- [To do]
Use the entries below and reproduce exactly the lines from the one containing "parse_from-entry entries addr f.size" down to the one containing "s. some (record", both of them included.
:: Listed entries
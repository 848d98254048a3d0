-- ===== src/Proc/Tests.antt =====
-- The scheduler with two processes, at addresses 10 and 11.
use smpl_osv.Base.{
  ℕ, ◌+◌, ◌<◌, ◌≡◌, refl, some, none, List, [], ◌∷◌, arith, inl, inr, length, true, if◌then◌else◌,
  ◌==◌, update,
}
use smpl_osv.Interrupts.{Registers}
use smpl_osv.Proc.Rotation.{
  IsScheduled, ticks, ticks-fair, Rotated, ticks-Rotated, after_tick, irq0_listener-step,
}
use smpl_osv.Proc.Resume.{here, irq0_listener-resumes}
use smpl_osv.Proc.Reach.{here, next, start, Reach-irq0_listener}
use smpl_osv.Proc.{Scheduler, Loaded, irq0_listener, exec}

abbrev registers : ℕ → Registers
registers n = record {
  r15 = n;
  r14 = n;
  r13 = n;
  r12 = n;
  r11 = n;
  r10 = n;
  r9 = n;
  r8 = n;
  rsp = n;
  rdi = n;
  rsi = n;
  rbp = n;
  rdx = n;
  rcx = n;
  rbx = n;
  rax = n;
  int_no = 32;
  err_code = 0;
  rip = n;
  cs = n;
  rflags = n;
  userrsp = n;
  ss = n;
}

abbrev two : Scheduler
two = record {
  procs = λ p. record {
    pid = p;
    name = 0;
    address_space = p;
    stack = p;
    kernel_stack = p;
    context = registers p;
  };
  current_process = some 10;
  processes = λ k. 10 + k;
  cpid = 1;
  process_count = 2;
  address_space = 10;
  rsp0 = 10;
}

two-IsScheduled : IsScheduled two
two-IsScheduled = record {
  turn = inl (omega arith);
  fits = omega arith;
  running = inr (10, refl);
  set = λ k l. omega arith;
}

ticks-Rotated_example :
    (s' : Scheduler) × (ticks (registers 7 ∷ registers 8 ∷ []) two ≡ some s') × Rotated two 1 s'
ticks-Rotated_example =
    ticks-Rotated (registers 7) (registers 8 ∷ []) two two-IsScheduled (omega arith)

ticks-fair_example :
    (n : ℕ) × (n < 2)
    × ((regs : Registers) (rest : List Registers)
        → length rest ≡ n
        → (s' : Scheduler) × (ticks (regs ∷ rest) two ≡ some s') × (s'.current_process ≡ some 10))
ticks-fair_example = ticks-fair two 0 two-IsScheduled (omega arith)

abbrev switched : Scheduler
switched = after_tick 10 (registers 7) two

abbrev returned : Scheduler
returned = after_tick 11 (registers 8) switched

switch : irq0_listener (registers 7) two ≡ some (registers 11, switched)
unfolding update
switch = irq0_listener-step (registers 7) two 10 (omega arith) refl (omega arith)

return : irq0_listener (registers 8) switched ≡ some (registers 7, returned)
unfolding update
return = irq0_listener-step (registers 8) switched 11 (omega arith) refl (omega arith)

irq0_listener-resumes_example : (registers 7 ≡ registers 7) × (returned.current_process ≡ some 10)
irq0_listener-resumes_example =
    irq0_listener-resumes 10 (registers 7) (registers 11) (registers 8) (registers 7) two switched
      switched returned (omega arith) refl (omega arith) switch here refl return

abbrev idle : Scheduler
idle = record two { current_process = none; cpid = 0; process_count = 0 }

idle-IsScheduled : IsScheduled idle
idle-IsScheduled = record {
  turn = inr (refl, refl);
  fits = omega arith;
  running = inl refl;
  set = λ k l. absurd (omega arith);
}

abbrev program : Loaded
program = record {
  entry = 0x400000;
  entry_mapped = true;
  space_copy = 0x5000;
  kernel_stack_at = 0x600000;
  proc_at = 20;
  fresh_context = registers 0;
}

abbrev one : Scheduler
one = record idle {
  procs = λ p.
      if p == 20
      then record {
        pid = 0;
        name = 3;
        address_space = 0x5000;
        stack = 0x1400000;
        kernel_stack = 0x800000;
        context = registers 0;
      }
      else idle.procs p;
  rsp0 = 0x800000;
  address_space = 0x5000;
  processes = λ k. if k == 0 then 20 else idle.processes k;
  current_process = some 20;
  process_count = 1;
}

first_program : exec program 3 true idle ≡ some one
unfolding exec update
first_program = refl

Reach-irq0_listener_example :
    IsScheduled one
    × ((regs : Registers)
        → (r' : Registers) × (s'' : Scheduler) × (irq0_listener regs one ≡ some (r', s'')))
Reach-irq0_listener_example =
    Reach-irq0_listener idle one idle-IsScheduled (next here (start program 3 true first_program))
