-- ===== src/Tar.antt =====
-- The archive that the loader hands over as the initial disk: src/kernel/src/fs/tar.c. The memory
-- of the results, of `kmalloc`, is left out: an entry is a value, and the table of 64 pointers a
-- bound.
pub mod Size
pub mod Layout
mod Tests
use smpl_osv.Base.{
  ℕ, zero, suc, ◌+◌, ◌-◌, ◌*◌, ◌/◌, ◌%◌, ◌^◌, Bool, Option, none, some, List, [], ◌∷◌, ◌==◌,
  if◌then◌else◌, ltb,
}
use smpl_osv.Base.Bits.{u32, u64}
use smpl_osv.Libc.{Bytes, ◌>>=◌}

-- `in[j - 1] - '0'` of a signed `char`, in `uint32_t`.
abbrev pub digit : ℕ → ℕ
digit c = u32 ((c + 128) % 256 + 2 ^ 32 - 128 - 48)

-- The loop of `tar_get_size` from `j` downwards.
pub get_size_from : ℕ → ℕ → ℕ → ℕ → Bytes → ℕ
get_size_from zero count size at m = size
get_size_from (suc j) count size at m =
    get_size_from j (u32 (count * 8)) (u32 (size + digit (m (at + j)) * count)) at m

pub tar_get_size : ℕ → Bytes → ℕ
unfolding get_size_from
tar_get_size at m = get_size_from 11 1 0 at m

-- `struct tar_file`.
pub record TarFile : Type 0 where
  pub filename : List ℕ
  pub start : ℕ
  pub size : ℕ

-- The bytes that `strcpy` takes from a header: those before the first zero.
pub read_string : ℕ → ℕ → Bytes → Option (List ℕ)
read_string zero p m = none
read_string (suc fuel) p m =
    let rest = read_string fuel (p + 1) m in
    if m p == 0 then some [] else elim rest [ some cs ↦ some (m p ∷ cs) | none ↦ none ]

-- The offset of `size` in `tar_header_t`.
abbrev pub size_at : ℕ
size_at = 124

-- Where the header behind one at `addr` is expected.
abbrev pub next_header : ℕ → ℕ → ℕ
next_header addr size =
    let after = u64 (addr + u32 ((size / 512 + 1) * 512)) in
    if size % 512 == 0 then after else u64 (after + 512)

-- The loop of `tar_parse`, for as many further entries as the first number says. A 65th entry would
-- be written behind the table, and a name of more than 99 bytes behind the entry's buffer: `none`.
pub parse_from : ℕ → ℕ → Bytes → Option (List TarFile)
parse_from zero addr m = if m addr == 0 then some [] else none
parse_from (suc entries) addr m =
    let size = tar_get_size (addr + size_at) m in
    let rest = parse_from entries (next_header addr size) m in
    if m addr == 0 then some [] else do
      filename ← read_string 100 addr m
      files ← rest
      some (record { filename = filename; start = u64 (addr + 512); size = size } ∷ files)

pub tar_parse : ℕ → Bytes → Option (List TarFile)
unfolding parse_from
tar_parse addr m = parse_from 64 addr m
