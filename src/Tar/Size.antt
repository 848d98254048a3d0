-- ===== src/Tar/Size.antt =====
-- The octal size in a header is read as it was written.
use smpl_osv.Base.{
  ℕ, suc, zero, ◌+◌, ◌-◌, ◌*◌, ◌/◌, ◌%◌, ◌^◌, ◌<◌, ◌≤◌, ◌≡◌, refl, sym, ap, ◌∙◌, arith,
}
use mathlib.Core.Path.{ap₂}
use native.Mathlib.Nat.{
  pow-suc, pow-le-pow_right, div-add-mod, div-div-eq-div-mul, mul_assoc, mul_comm, mul-add,
  mod-eq_of_lt, mod-le,
}
use smpl_osv.Base.Bits.{u32}
use smpl_osv.Libc.{Bytes}
use smpl_osv.Tar.{digit, get_size_from, tar_get_size}

-- Eleven octal digits of `n`, the highest first.
abbrev pub IsOctal : Bytes → ℕ → ℕ → Type 0
IsOctal m at n = (j : ℕ) → j < 11 → m (at + (10 - j)) ≡ 48 + n / 8 ^ j % 8

digit_octal : (d : ℕ) → d < 8 → digit (48 + d) ≡ d
digit_octal d l = omega arith

octal_mod : (n p : ℕ) → n % (p * 8) ≡ n % p + n / p % 8 * p
octal_mod n p =
    let q = n / p in
    let whole = div-add-mod n (p * 8) in
    let nested : p * 8 * (n / (p * 8)) ≡ p * (8 * (q / 8)) =
      ap (λ x. p * 8 * x) (sym (div-div-eq-div-mul n p 8)) ∙ mul_assoc p 8 (q / 8) in
    let parts : p * q ≡ p * (8 * (q / 8)) + p * (q % 8) =
      ap (λ x. p * x) (sym (div-add-mod q 8)) ∙ mul-add p (8 * (q / 8)) (q % 8) in
    omega (arith, whole, nested, parts, div-add-mod n p, mul_comm p (q % 8))

digit_at :
    (m : Bytes) (at n j d : ℕ)
    → IsOctal m at n
    → j + suc d ≡ 11
    → digit (m (at + j)) ≡ n / 8 ^ d % 8
digit_at m at n j d o e =
    let found : m (at + j) ≡ 48 + n / 8 ^ d % 8 = ap m (omega arith) ∙ o d (omega arith) in
    ap digit found ∙ digit_octal (n / 8 ^ d % 8) (omega arith)

get_size_from-IsOctal :
    (m : Bytes) (at n j d : ℕ)
    → n < 2 ^ 32
    → IsOctal m at n
    → j + d ≡ 11
    → get_size_from j (u32 (8 ^ d)) (n % 8 ^ d) at m ≡ n
unfolding get_size_from
get_size_from-IsOctal m at n zero d l o e =
    let all : d ≡ 11 = omega arith in ap (λ k. n % 8 ^ k) all ∙ omega arith
get_size_from-IsOctal m at n (suc j) d l o e =
    let small : 8 ^ d ≤ 8 ^ 10 =
      pow-le-pow_right {n = 8} (omega arith) {i = d} {j = 10} (omega arith) in
    let more : 8 ^ suc d ≡ 8 ^ d * 8 = pow-suc 8 d in
    let size : u32 (n % 8 ^ d + digit (m (at + j)) * u32 (8 ^ d)) ≡ n % 8 ^ suc d =
      ap (λ v. u32 (n % 8 ^ d + v * u32 (8 ^ d))) (digit_at m at n j d o (omega arith))
      ∙ ap (λ c. u32 (n % 8 ^ d + n / 8 ^ d % 8 * c)) {x = u32 (8 ^ d)} {y = 8 ^ d} (omega arith)
      ∙ ap u32 (sym (octal_mod n (8 ^ d)) ∙ ap (λ p. n % p) (sym more))
      ∙ mod-eq_of_lt (omega (arith, mod-le n (8 ^ suc d))) in
    let count : u32 (u32 (8 ^ d) * 8) ≡ u32 (8 ^ suc d) = omega arith in
    ap₂ (λ c s. get_size_from j c s at m) count size
    ∙ get_size_from-IsOctal m at n j (suc d) l o (omega arith)

-- Eleven octal digits of a number of 32 bits are read as that number.
pub tar_get_size-IsOctal :
    (m : Bytes) (at n : ℕ) → n < 2 ^ 32 → IsOctal m at n → tar_get_size at m ≡ n
unfolding tar_get_size
tar_get_size-IsOctal m at n l o =
    ap (λ s. get_size_from 11 1 s at m) (omega arith) ∙ get_size_from-IsOctal m at n 11 0 l o refl
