-- ===== src/Tar/Layout.antt =====
-- An archive in memory, and what `tar_parse` finds in it.
use smpl_osv.Base.{
  ℕ, suc, zero, ◌+◌, ◌-◌, ◌*◌, ◌/◌, ◌%◌, ◌^◌, ◌<◌, ◌≤◌, ◌≡◌, ◌≢◌, refl, sym, ap, ◌∙◌, arith, List,
  [], ◌∷◌, some, length, ==_ne, Bool-cases, inl, inr, ◌==◌, ==_iff,
}
use smpl_osv.Base.Bits.{u64}
use smpl_osv.Libc.{Bytes}
use smpl_osv.Libc.Cstr.{IsCstr}
use smpl_osv.Tar.Size.{IsOctal, tar_get_size-IsOctal}
use smpl_osv.Tar.{TarFile, read_string, size_at, next_header, parse_from, tar_parse, tar_get_size}

-- The blocks of 512 bytes that the contents take.
abbrev pub blocks : ℕ → ℕ
blocks size = (size + 511) / 512

-- A header with a name of at most 99 bytes, the size in octal digits, below the last block under
-- 4 GiB as `tar_parse` counts in 32 bits, then the contents in whole
-- blocks, then the next header; the first empty name ends the archive.
abbrev pub IsArchive : Bytes → ℕ → List TarFile → Type 0
IsArchive m addr [] = m addr ≡ 0
IsArchive m addr (f ∷ fs) =
    IsCstr m addr f.filename
    × ((f.filename ≢ []) × (length f.filename ≤ 99))
    × ((f.size < 2 ^ 32 - 512) × IsOctal m (addr + size_at) f.size)
    × ((f.start ≡ addr + 512) × (addr + 512 + blocks f.size * 512 < 2 ^ 64))
    × IsArchive m (addr + 512 + blocks f.size * 512) fs

read_string-IsCstr :
    (fuel p : ℕ) (xs : List ℕ) (m : Bytes)
    → length xs < fuel
    → IsCstr m p xs
    → read_string fuel p m ≡ some xs
unfolding read_string
read_string-IsCstr zero p xs m l s = ground arith
read_string-IsCstr (suc fuel) p [] m l s = rw s refl
read_string-IsCstr (suc fuel) p (x ∷ xs) m l (here, ne, rest) =
    rw
      (
        ap (λ c. c == 0) here ∙ ==_ne x 0 ne,
        read_string-IsCstr fuel (p + 1) xs m (omega arith) rest,
      )
      (ap (λ c. some (c ∷ xs)) here)

next_header-blocks :
    (addr size : ℕ)
    → size < 2 ^ 32 - 512
    → addr + 512 + blocks size * 512 < 2 ^ 64
    → next_header addr size ≡ addr + 512 + blocks size * 512
next_header-blocks addr size small w = elim (Bool-cases (size % 512 == 0)) [
  | inl e ↦ rw e (omega (arith, (==_iff (size % 512) 0).0 e))
  | inr e ↦ let ne : size % 512 ≢ 0 = ground arith in rw e (omega arith)
]

first_byte : (m : Bytes) (addr : ℕ) (xs : List ℕ) → IsCstr m addr xs → xs ≢ [] → m addr ≢ 0
first_byte m addr [] s ne = absurd (ne refl)
first_byte m addr (x ∷ xs) (here, nz, rest) ne = λ e. nz (sym here ∙ e)

parse_from-entry :
    (entries addr size : ℕ) (name : List ℕ) (files : List TarFile) (m : Bytes)
    → m addr ≢ 0
    → tar_get_size (addr + size_at) m ≡ size
    → read_string 100 addr m ≡ some name
    → parse_from entries (next_header addr size) m ≡ some files
    → parse_from (suc entries) addr m
      ≡ some (record { filename = name; start = u64 (addr + 512); size = size } ∷ files)
unfolding parse_from
parse_from-entry entries addr size name files m ne sized read more =
    rw (==_ne (m addr) 0 ne, sized, read, more) refl

parse_from-IsArchive :
    (entries addr : ℕ) (files : List TarFile) (m : Bytes)
    → length files ≤ entries
    → IsArchive m addr files
    → parse_from entries addr m ≡ some files
unfolding parse_from
parse_from-IsArchive zero addr [] m l a = rw a refl
parse_from-IsArchive (suc entries) addr [] m l a = rw a refl
parse_from-IsArchive zero addr (f ∷ fs) m l a = ground arith
parse_from-IsArchive (suc entries) addr (f ∷ fs) m l
      (name, (full, short), (small, octal), (start, w), rest) =
    let size = tar_get_size-IsOctal m (addr + size_at) f.size (omega arith) octal in
    let next = next_header-blocks addr f.size small w in
    let more =
      parse_from-IsArchive entries (addr + 512 + blocks f.size * 512) fs m (omega arith) rest in
    let read = read_string-IsCstr 100 addr f.filename m (omega arith) name in
    let place : u64 (addr + 512) ≡ f.start = omega (arith, start) in
    parse_from-entry entries addr f.size f.filename fs m (first_byte m addr f.filename name full)
      size read (ap (λ a. parse_from entries a m) next ∙ more)
    ∙ ap (λ s. some (record { filename = f.filename; start = s; size = f.size } ∷ fs)) place

-- From an archive in memory of at most 64 files, each smaller than 4 GiB less a block, `tar_parse`
-- returns these files in their order, each with its name, its size and the address of its contents.
pub tar_parse-IsArchive :
    (addr : ℕ) (files : List TarFile) (m : Bytes)
    → length files ≤ 64
    → IsArchive m addr files
    → tar_parse addr m ≡ some files
unfolding tar_parse
tar_parse-IsArchive addr files m l a = parse_from-IsArchive 64 addr files m l a
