-- ===== src/Tar/Tests.antt =====
-- An archive with one file of five bytes, at address 4096.
use smpl_osv.Base.{
  zero, suc, ◌+◌, ◌-◌, ◌/◌, ◌%◌, ◌^◌, ◌<◌, ◌≡◌, refl, ◌∙◌, ap, arith, List, [], ◌∷◌, some, ◌==◌,
  if◌then◌else◌, leb, ltb, ◌&&◌,
}
use native.Mathlib.Nat.{pow-suc, one-le-pow, div-eq_of_lt}
use smpl_osv.Libc.{Bytes}
use smpl_osv.Tar.Size.{IsOctal}
use smpl_osv.Tar.Layout.{IsArchive, tar_parse-IsArchive}
use smpl_osv.Tar.{TarFile, tar_parse}

-- The name "a", and the digits "00000000005" of the size.
abbrev memory : Bytes
memory i =
    if i == 4096 then 97 else if leb 4220 i && ltb i 4230 then 48 else if i == 4230 then 53 else 0

five : IsOctal memory 4220 5
five zero l = refl
five (suc j) l =
    let big : 5 < 8 ^ suc j = omega (arith, pow-suc 8 j, one-le-pow j 8) in
    let none_left : 5 / 8 ^ suc j ≡ 0 = div-eq_of_lt big in
    let at : memory (4220 + (10 - suc j)) ≡ 48 = ground arith in
    at ∙ ap (λ q. 48 + q % 8) {x = 0} {y = 5 / 8 ^ suc j} (omega (arith, none_left))

abbrev one_file : List TarFile
one_file = record { filename = 97 ∷ []; start = 4608; size = 5 } ∷ []

one_file-IsArchive : IsArchive memory 4096 one_file
one_file-IsArchive = (
  (refl, omega arith, refl),
  ((λ e. cc), omega arith),
  (omega arith, five),
  (refl, omega arith),
  refl,
)

tar_parse-IsArchive_example : tar_parse 4096 memory ≡ some one_file
tar_parse-IsArchive_example =
    tar_parse-IsArchive 4096 one_file memory (omega arith) one_file-IsArchive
::::
- [Solution]
    parse_from-entry entries addr f.size f.filename fs m (first_byte m addr f.filename name full)
      size read (ap (λ a. parse_from entries a m) next ∙ more)
    ∙ ap (λ s. some (record { filename = f.filename; start = s; size = f.size } ∷ fs)) place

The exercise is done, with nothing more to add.